What is expected
A bare number is all that is needed: how many lines below contain the string "Risk"?

BEGIN

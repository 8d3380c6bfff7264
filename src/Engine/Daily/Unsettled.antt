-- ===== src/Engine/Daily/Unsettled.antt =====
-- internal/engine/daily.go, RunOnce: acting on the signals of a day settles nothing.
use crypto_swing_bot.Prelude.{◌≡◌, refl, not, List, [], keep}
use crypto_swing_bot.Float.{Float, Decimal, Convert}
use crypto_swing_bot.Domain.{Time, Signal, Portfolio}
use crypto_swing_bot.Risk.Breaker.{check}
use crypto_swing_bot.Broker.Book.{PaperBroker}
use crypto_swing_bot.Backtest.Run.{is_entry}
use crypto_swing_bot.Engine.World.{World, goes, M, ◌>>=◌}
use crypto_swing_bot.Engine.After.{After, bind-After, self-After, ended}
use crypto_swing_bot.Engine.Resubmit.{EngineConfig}
use crypto_swing_bot.Engine.Rebuild.{DaySnapshot}
use crypto_swing_bot.Engine.Exits.{process_all}
use crypto_swing_bot.Engine.Exits.Sells.{process_all-keeps}
use crypto_swing_bot.Engine.Entries.{propose_all}
use crypto_swing_bot.Engine.Decisions.{await_decisions}
use crypto_swing_bot.Engine.Notices.{note_order_error}
use crypto_swing_bot.Engine.Daily.{Surroundings, act_on_signals}
use crypto_swing_bot.Broker.Orders.Unsettled.{IsUnsettled, IsUnsettled-trans, submit-IsUnsettled}
use crypto_swing_bot.Engine.Entries.Unsettled.{submit_all-IsUnsettled}

module _ {F D : Type 0} ⦃f : Float F⦄ ⦃d : Decimal D⦄ ⦃c : Convert F D⦄ where
  note-IsUnsettled :
      (b : PaperBroker F D) (now : Time) (snap : DaySnapshot F D) (w : World F D)
      → IsUnsettled b snap.broker
      → IsUnsettled b (note_order_error now snap w).0.broker
  unfolding note_order_error
  note-IsUnsettled b now snap w h = h

  -- What is done with the signals of a day settles nothing.
  pub act_on_signals-IsUnsettled :
      (cfg : EngineConfig F D) (out : Surroundings F D) (now as_of : Time) (p : Portfolio F D)
      (signals : List (Signal F)) (snap : DaySnapshot F D) (w : World F D)
      → After
          (λ s w'. IsUnsettled snap.broker s.broker)
          (act_on_signals cfg out now as_of p signals snap w)
  unfolding act_on_signals
  act_on_signals-IsUnsettled cfg out now as_of p signals snap w =
      let P : DaySnapshot F D → World F D → Type 0 = λ s w'. IsUnsettled snap.broker s.broker in
      let exits = keep (λ s. not (is_entry s.kind)) signals in
      let entries = keep (λ s. is_entry s.kind) signals in
      bind-After P P (λ w0. ended (process_all cfg p now as_of exits snap w0)) _ w
        (process_all-keeps (λ s. IsUnsettled snap.broker s.broker)
          (λ s req is_sell h.
            IsUnsettled-trans snap.broker s.broker _ h (submit-IsUnsettled s.broker req))
          (note-IsUnsettled snap.broker) cfg p now as_of exits snap w (refl, refl, refl, refl))
        λ snap1 w1 kept.
          let snap2 : DaySnapshot F D = record snap1 {
            breaker = check cfg.breaker snap1.breaker p.equity now;
          } in
          bind_any P (λ w0. ended (propose_all cfg p now as_of snap2 entries [] w0)) _ w1
            λ pending_ps w2.
              bind_any P
                (λ w0.
                  await_decisions (out.fuel w0) out.cancel_first cfg.poll_interval pending_ps w0)
                _ w2
                λ approved_ps w3. submit_all-IsUnsettled snap.broker cfg approved_ps snap2 w3 kept
    where
      bind_any :
          {A B : Type 0} (P : B → World F D → Type 0) (m : M F D A) (k : A → M F D B)
          (w0 : World F D)
          → ((a : A) (w' : World F D) → After P (k a w'))
          → After P ((m >>= k) w0)
      bind_any P m k w0 h =
          bind-After (λ a w'. m w0 ≡ goes a w') P m k w0 (self-After (m w0)) (λ a w' e. h a w')
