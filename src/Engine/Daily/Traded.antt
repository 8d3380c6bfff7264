-- ===== src/Engine/Daily/Traded.antt =====
-- internal/engine/daily.go, RunOnce: what a day does with the account that it reconstructs.
use crypto_swing_bot.Prelude.{
  ℕ, ◌≡◌, refl, ap, inl, inr, Bool-cases, Option, none, some, List, ◌==◌, arith,
}
use crypto_swing_bot.Prelude.Dict.{Dict}
use crypto_swing_bot.Float.{Float, Decimal, Convert}
use crypto_swing_bot.Domain.{Symbol, Time, Candle, Signal}
use crypto_swing_bot.Broker.View.{portfolio}
use crypto_swing_bot.Backtest.Calendar.{build_calendar}
use crypto_swing_bot.Backtest.Run.{input_of}
use crypto_swing_bot.Engine.World.{
  World, EngineError, goes, or_stop, universe_error, evaluate_error, as_of_mismatch,
}
use crypto_swing_bot.Engine.Notices.{persist_breaker_state, notify_stop_triggers}
use crypto_swing_bot.Engine.After.{
  and-After, After, bind-After, bind-settles, bind-sets, weaken-After,
}
use crypto_swing_bot.Engine.Tables.{stored}
use crypto_swing_bot.Engine.Resubmit.{EngineConfig}
use crypto_swing_bot.Engine.Rebuild.{
  DaySnapshot, Rebuilt, rebuilt, unbuilt, panic, reconstruct, last_day,
}
use crypto_swing_bot.Engine.Sync.{trade_rows, sync_trades, sync_proposal_fills}
use crypto_swing_bot.Engine.Daily.{
  Surroundings, act_on_signals, series_and_universe, updated_feed, verified, of_rebuilt, check_that,
  write_snapshot, trade_day, run_day,
}
use crypto_swing_bot.Broker.Orders.Unsettled.{IsUnsettled}
use crypto_swing_bot.Engine.Daily.Unsettled.{act_on_signals-IsUnsettled}
use crypto_swing_bot.Engine.Daily.InStep.{IsInStep, fills-trades, write_snapshot-IsInStep}

module _ {F D : Type 0} where
  or_stop-settles :
      {A : Type 0} (e : EngineError) (o : Option A) (w : World F D)
      → After (λ a w'. (o ≡ some a) × (w' ≡ w)) (or_stop e o w)
  or_stop-settles e none w = tt
  or_stop-settles e (some a) w = (refl, refl)

  of_rebuilt-settles :
      {A : Type 0} (r : Rebuilt A) (w : World F D)
      → After (λ a w'. (r ≡ rebuilt a) × (w' ≡ w)) (of_rebuilt r w)
  of_rebuilt-settles (rebuilt a) w = (refl, refl)
  of_rebuilt-settles (unbuilt e) w = tt
  of_rebuilt-settles panic w = tt

  updated_feed-sets :
      (o : Option (Dict (List (Candle F)))) (w : World F D)
      → After
          (λ u w'.
            (candles : Dict (List (Candle F))) × (o ≡ some candles)
            × (w' ≡ record w { candles = candles }))
          (updated_feed o w)
  updated_feed-sets none w = tt
  updated_feed-sets (some candles) w = (candles, refl, refl)

  verified-settles :
      (o : Option ℕ) (w : World F D) → After (λ u w'. (o ≡ some 0) × (w' ≡ w)) (verified o w)
  verified-settles none w = tt
  verified-settles (some n) w = elim (Bool-cases (n == 0)) [
    | inl zero_issues ↦ rw zero_issues (ap some (ground (arith, zero_issues)), refl)
    | inr issues ↦ rw issues tt
  ]

  check_that-settles :
      (s t : Time) (e : EngineError) (w : World F D)
      → After (λ u w'. (s ≡ t) × (w' ≡ w)) (check_that (s == t) e w)
  check_that-settles s t e w = elim (Bool-cases (s == t)) [
    | inl same ↦ rw same (ground (arith, same), refl)
    | inr other ↦ rw other tt
  ]

module _ {F D : Type 0} ⦃f : Float F⦄ ⦃d : Decimal D⦄ ⦃c : Convert F D⦄ where
  -- The day trades for the account of a snapshot: the breaker's table is written and the stops are
  -- reported, the strategy is asked about the universe of the day, acting on its signals leads to an
  -- account without settling anything, and the tables that are left at the end are of that account.
  abbrev pub IsTraded :
      EngineConfig F D
      → Surroundings F D
      → Time
      → Time
      → DaySnapshot F D
      → World F D
      → World F D
      → Type 0
  IsTraded cfg out now as_of snap w w' =
      (symbols : List Symbol) × (signals : List (Signal F)) × (snap' : DaySnapshot F D)
      × (acted : World F D) × (out.universe as_of
            (notify_stop_triggers snap.todays_closed_trades (persist_breaker_state snap.breaker w))
          ≡ some symbols)
      × (cfg.strategy.evaluate (
            input_of as_of (series_and_universe snap.broker.candles symbols as_of)
              (portfolio snap.broker))
          ≡ some signals)
      × (act_on_signals cfg out now as_of (portfolio snap.broker) signals snap
            (notify_stop_triggers snap.todays_closed_trades (persist_breaker_state snap.breaker w))
          ≡ goes snap' acted)
      × IsUnsettled snap.broker snap'.broker
      × IsInStep as_of snap'.broker w'

  trade_day-IsTraded :
      (cfg : EngineConfig F D) (out : Surroundings F D) (now as_of : Time) (snap : DaySnapshot F D)
      (w : World F D)
      → stored as_of ≡ as_of
      → After (λ u w'. IsTraded cfg out now as_of snap w w') (trade_day cfg out now as_of snap w)
  unfolding trade_day sync_trades
  trade_day-IsTraded cfg out now as_of snap w e =
      let P : Unit {0} → World F D → Type 0 = λ u w'. IsTraded cfg out now as_of snap w w' in
      let p = portfolio snap.broker in
      let w1 =
        notify_stop_triggers snap.todays_closed_trades (persist_breaker_state snap.breaker w) in
      bind-settles (λ symbols. out.universe as_of w1 ≡ some symbols) P
        (λ w0. or_stop universe_error (out.universe as_of w0) w0) _ w1 w1
        (or_stop-settles universe_error (out.universe as_of w1) w1)
        λ symbols at_symbols.
          let asked =
            cfg.strategy.evaluate
              (input_of as_of (series_and_universe snap.broker.candles symbols as_of) p) in
          bind-settles (λ signals. asked ≡ some signals) P (or_stop evaluate_error asked) _ w1 w1
            (or_stop-settles evaluate_error asked w1)
            λ signals at_signals.
              bind-After
                (λ snap' w2.
                  (act_on_signals cfg out now as_of p signals snap w1 ≡ goes snap' w2)
                  × IsUnsettled snap.broker snap'.broker)
                P (act_on_signals cfg out now as_of p signals snap) _ w1
                (and-After (λ snap' w2. IsUnsettled snap.broker snap'.broker)
                  (act_on_signals cfg out now as_of p signals snap w1)
                  (act_on_signals-IsUnsettled cfg out now as_of p signals snap w1))
                λ snap' w2 at_acted.
                  let rows = trade_rows (portfolio snap'.broker) snap'.broker.trades in
                  let synced = sync_trades (portfolio snap'.broker) snap'.broker.trades w2 in
                  bind-After (λ u w'. w'.trades ≡ rows) P (sync_proposal_fills cfg snap'.broker)
                    (λ u. write_snapshot cfg as_of snap') synced
                    (fills-trades rows cfg snap'.broker synced refl)
                    (λ u w' h.
                      weaken-After (λ v w''. IsInStep as_of snap'.broker w'') P
                        (write_snapshot cfg as_of snap' w')
                        (write_snapshot-IsInStep cfg as_of snap' w' e h)
                        (λ v w'' q. (
                          symbols, signals, snap', w2, at_symbols, at_signals, at_acted.0,
                          at_acted.1, q,
                        )))

  -- The cycle of a day runs to its end: the feed gives candles without a critical finding, the account
  -- that is reconstructed from them and from the tables has come up to the day, and the day trades for
  -- it.
  abbrev pub IsProcessed :
      EngineConfig F D → Surroundings F D → Time → Time → World F D → World F D → Type 0
  IsProcessed cfg out now as_of w w' =
      (candles : Dict (List (Candle F))) × (snap : DaySnapshot F D) × (out.update w.candles
        ≡ some candles)
      × (out.critical_issues candles ≡ some 0)
      × (reconstruct cfg (record w { candles = candles }) ≡ rebuilt snap)
      × (last_day (build_calendar snap.broker.candles) ≡ as_of)
      × IsTraded cfg out now as_of snap (record w { candles = candles }) w'

  pub run_day-IsProcessed :
      (cfg : EngineConfig F D) (out : Surroundings F D) (now as_of : Time) (w : World F D)
      → stored as_of ≡ as_of
      → After (λ u w'. IsProcessed cfg out now as_of w w') (run_day cfg out now as_of w)
  unfolding run_day
  run_day-IsProcessed cfg out now as_of w e =
      let P : Unit {0} → World F D → Type 0 = λ u w'. IsProcessed cfg out now as_of w w' in
      bind-sets (λ candles. out.update w.candles ≡ some candles)
        (λ candles. record w { candles = candles }) P
        (λ w0. updated_feed (out.update w0.candles) w0) _ w
        (updated_feed-sets (out.update w.candles) w)
        λ u candles at_candles.
          let w1 : World F D = record w { candles = candles } in
          bind-settles (λ u2. out.critical_issues candles ≡ some 0) P
            (λ w0. verified (out.critical_issues w0.candles) w0) _ w1 w1
            (verified-settles (out.critical_issues candles) w1)
            λ u2 at_issues.
              bind-settles (λ snap. reconstruct cfg w1 ≡ rebuilt snap) P
                (λ w0. of_rebuilt (reconstruct cfg w0) w0) _ w1 w1
                (of_rebuilt-settles (reconstruct cfg w1) w1)
                λ snap at_snap.
                  let last = last_day (build_calendar snap.broker.candles) in
                  bind-settles (λ u3. last ≡ as_of) P (check_that (last == as_of) as_of_mismatch) _
                    w1 w1 (check_that-settles last as_of as_of_mismatch w1)
                    λ u3 at_last.
                      weaken-After (λ v w'. IsTraded cfg out now as_of snap w1 w') P
                        (trade_day cfg out now as_of snap w1)
                        (trade_day-IsTraded cfg out now as_of snap w1 e)
                        (λ v w' q. (candles, snap, at_candles, at_issues, at_snap, at_last, q))
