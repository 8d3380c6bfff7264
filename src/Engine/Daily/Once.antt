-- ===== src/Engine/Daily/Once.antt =====
-- internal/engine/daily.go, RunOnce: a day is processed once, and its tables describe its account.
use mathlib.Core.Path.{subst}
use crypto_swing_bot.Prelude.{
  ◌≡◌, ◌≤◌, ◌/◌, refl, sym, ◌∙◌, ap, ◌⊎◌, inl, inr, true, Bool-cases, arith,
}
use crypto_swing_bot.Float.{Float, Decimal, Convert}
use crypto_swing_bot.Domain.{Time}
use crypto_swing_bot.Risk.Breaker.{day}
use crypto_swing_bot.Engine.World.{World, Step, goes}
use crypto_swing_bot.Engine.After.{After}
use crypto_swing_bot.Engine.Tables.{list_equity_snapshots}
use crypto_swing_bot.Engine.Tables.Latest.{is_from_any, is_from_any-le, last_is_from-list}
use crypto_swing_bot.Engine.Resubmit.{EngineConfig}
use crypto_swing_bot.Engine.Daily.{Surroundings, candle_day, already_processed, run_once}
use crypto_swing_bot.Engine.Daily.InStep.{stored-candle_day, already_processed-last}
use crypto_swing_bot.Engine.Daily.Traded.{IsProcessed, run_day-IsProcessed}

candle_day_le : (s t : Time) → s / day ≤ t / day → candle_day s ≤ candle_day t
unfolding candle_day
candle_day_le s t h = omega (arith, h)

module _ {F D : Type 0} ⦃f : Float F⦄ ⦃d : Decimal D⦄ ⦃c : Convert F D⦄ where
  pub run_once-IsProcessed :
      (cfg : EngineConfig F D) (out : Surroundings F D) (w w' : World F D)
      → run_once cfg out w ≡ goes tt w'
      → (is_from_any (candle_day w.now) w.snapshots ≡ true) × (w' ≡ w)
        ⊎ IsProcessed cfg out w.now (candle_day w.now) w w'
  unfolding run_once
  run_once-IsProcessed cfg out w w' e =
      elim (Bool-cases (already_processed (candle_day w.now) (list_equity_snapshots w.snapshots))) [
        | inl already ↦ inl (
          sym (
                already_processed-last (candle_day w.now) (list_equity_snapshots w.snapshots)
                ∙ last_is_from-list (candle_day w.now) w.snapshots)
              ∙ already,
          world_of (sym (rw already refl) ∙ e),
        )
        | inr fresh ↦ inr (
            subst (After λ u v. IsProcessed cfg out w.now (candle_day w.now) w v)
              (sym (rw fresh refl) ∙ e)
              (run_day-IsProcessed cfg out w.now (candle_day w.now) w (stored-candle_day w.now)))
      ]
    where
      world_of : Path (Step F D (Unit {0})) (goes tt w) (goes tt w') → w' ≡ w
      world_of g = subst (After λ u v. v ≡ w) g refl

  -- When the cycle of a day is completed, every further call at any instant up to the end of the same
  -- day of UTC goes through and changes nothing, whatever the configuration, the surroundings and all
  -- else of the world it is made in, as long as the table of the equity snapshots is as it was left.
  pub run_once-again :
      (cfg cfg2 : EngineConfig F D) (out again : Surroundings F D) (w w' v : World F D)
      → run_once cfg out w ≡ goes tt w'
      → v.snapshots ≡ w'.snapshots
      → v.now / day ≤ w.now / day
      → run_once cfg2 again v ≡ goes tt v
  unfolding run_once
  run_once-again cfg cfg2 out again w w' v e same le =
      rw
        (already_processed-last (candle_day v.now) (list_equity_snapshots v.snapshots)
          ∙ last_is_from-list (candle_day v.now) v.snapshots
          ∙ ap (is_from_any (candle_day v.now)) same
          ∙ is_from_any-le (candle_day v.now) (candle_day w.now) w'.snapshots
              (candle_day_le v.now w.now le) (processed (run_once-IsProcessed cfg out w w' e)))
        refl
    where
      processed :
          ((is_from_any (candle_day w.now) w.snapshots ≡ true) × (w' ≡ w)
            ⊎ IsProcessed cfg out w.now (candle_day w.now) w w')
          → is_from_any (candle_day w.now) w'.snapshots ≡ true
      processed (inl before) =
          ap (λ x. is_from_any (candle_day w.now) x.snapshots) before.1 ∙ before.0
      processed (inr step) = step.6.8.2
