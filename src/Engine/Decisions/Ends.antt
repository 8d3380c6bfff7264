-- ===== src/Engine/Decisions/Ends.antt =====
-- internal/engine/daily.go, awaitDecisions: what a caller can rely on.
use crypto_swing_bot.Prelude.{
  ℕ, ◌+◌, ◌-◌, ◌≤◌, ◌<◌, ◌≡◌, refl, sym, ◌∙◌, ap, inl, inr, Bool, true, Bool-cases, some, is_some,
  List, [], ◌∷◌, ◌==◌, ==-refl, length, All, arith,
}
use crypto_swing_bot.Prelude.Dict.{Dict, lookup, insert, IsDict, insert-IsDict, lookup-insert}
use crypto_swing_bot.Domain.{Time}
use crypto_swing_bot.Notify.Approval.{pending}
use crypto_swing_bot.Engine.World.{Proposal, World}
use crypto_swing_bot.Engine.Decisions.{by_id, await_decisions}
use crypto_swing_bot.Engine.Decisions.Rows.{status_at}
use crypto_swing_bot.Engine.Decisions.Loop.{Outcome, await_loop-Outcome}

module _ {F D : Type 0} where
  -- Each proposal is pending in the table, with a deadline up to the horizon.
  abbrev pub IsAsked : Time → World F D → Proposal F D → Type 0
  IsAsked horizon w p = (status_at p.id w ≡ some pending) × (p.expires_at ≤ horizon)

  abbrev Listed : (Proposal F D → Type 0) → Dict (Proposal F D) → Type 0
  Listed P m = (k : ℕ) (p : Proposal F D) → lookup k m ≡ some p → (p.id ≡ k) × P p

  insert-Listed :
      (P : Proposal F D → Type 0) (q : Proposal F D) (m : Dict (Proposal F D))
      → P q
      → Listed P m
      → Listed P (insert q.id q m)
  insert-Listed P q m is listed k p e = elim (Bool-cases (q.id == k)) [
    | inl same ↦
        let found : some q ≡ some p = sym (lookup-insert k q.id q m ∙ rw same refl) ∙ e in
        of_some (ground (arith, found)) (ground (arith, same))
    | inr other ↦ listed k p (sym (lookup-insert k q.id q m ∙ rw other refl) ∙ e)
  ]
    where
      of_some : q ≡ p → q.id ≡ k → (p.id ≡ k) × P p
      of_some a b = rw (sym a) (b, is)

  by_id-Listed :
      (P : Proposal F D → Type 0) (ps : List (Proposal F D)) (m : Dict (Proposal F D))
      → All P ps
      → Listed P m
      → Listed P (by_id ps m)
  unfolding by_id
  by_id-Listed P [] m is listed = listed
  by_id-Listed P (q ∷ qs) m is listed =
      by_id-Listed P qs (insert q.id q m) is.1 (insert-Listed P q m is.0 listed)

  by_id-IsDict :
      (ps : List (Proposal F D)) (m : Dict (Proposal F D)) → IsDict m → IsDict (by_id ps m)
  unfolding by_id
  by_id-IsDict [] m d = d
  by_id-IsDict (q ∷ qs) m d = by_id-IsDict qs (insert q.id q m) (insert-IsDict q.id q m d)

  insert-is_some :
      (q : Proposal F D) (k : ℕ) (m : Dict (Proposal F D))
      → is_some (lookup k m) ≡ true
      → is_some (lookup k (insert q.id q m)) ≡ true
  insert-is_some q k m h = elim (Bool-cases (q.id == k)) [
    | inl same ↦ rw (lookup-insert k q.id q m, same) refl
    | inr other ↦ rw (lookup-insert k q.id q m, other) h
  ]

  by_id-is_some :
      (ps : List (Proposal F D)) (k : ℕ) (m : Dict (Proposal F D))
      → is_some (lookup k m) ≡ true
      → is_some (lookup k (by_id ps m)) ≡ true
  unfolding by_id
  by_id-is_some [] k m h = h
  by_id-is_some (q ∷ qs) k m h = by_id-is_some qs k (insert q.id q m) (insert-is_some q k m h)

  pub by_id-All :
      (ps : List (Proposal F D)) (m : Dict (Proposal F D))
      → All (λ p. is_some (lookup p.id (by_id ps m)) ≡ true) ps
  unfolding by_id
  by_id-All [] m = tt
  by_id-All (q ∷ qs) m = (
    by_id-is_some qs q.id (insert q.id q m) (rw (lookup-insert q.id q.id q m, ==-refl q.id) refl),
    by_id-All qs (insert q.id q m),
  )

  pub by_id-IsOpen :
      (horizon : Time) (ps : List (Proposal F D)) (w : World F D)
      → All (IsAsked horizon w) ps
      → (k : ℕ) (p : Proposal F D) → lookup k (by_id ps []) ≡ some p
      → status_at k w ≡ some pending
  by_id-IsOpen horizon ps w asked k p e =
      let listed =
        by_id-Listed (IsAsked horizon w) ps [] asked (λ j q g. absurd (ground (arith, g))) k p e in
      ap (λ i. status_at i w) (sym listed.0) ∙ listed.1.0

  pub await_decisions-Outcome :
      (horizon : Time) (fuel : ℕ) (first : ℕ → Bool) (poll : Time) (ps : List (Proposal F D))
      (w : World F D)
      → 1 ≤ poll
      → length w.decisions + (horizon - w.now) < fuel
      → All (IsAsked horizon w) ps
      → Outcome w.decisions (by_id ps []) w (await_decisions fuel first poll ps w)
  unfolding await_decisions
  await_decisions-Outcome horizon fuel first poll ps w slow enough asked =
      let listed =
        by_id-Listed (IsAsked horizon w) ps [] asked (λ k p e. absurd (ground (arith, e))) in
      await_loop-Outcome horizon w.decisions fuel first poll (by_id ps []) [] w slow enough
        (λ k p e. (listed k p e).1.1) (λ id g. g) (by_id-IsDict ps [] tt)
        (λ k p e. ((listed k p e).0, by_id-IsOpen horizon ps w asked k p e)) tt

END

Final answer
2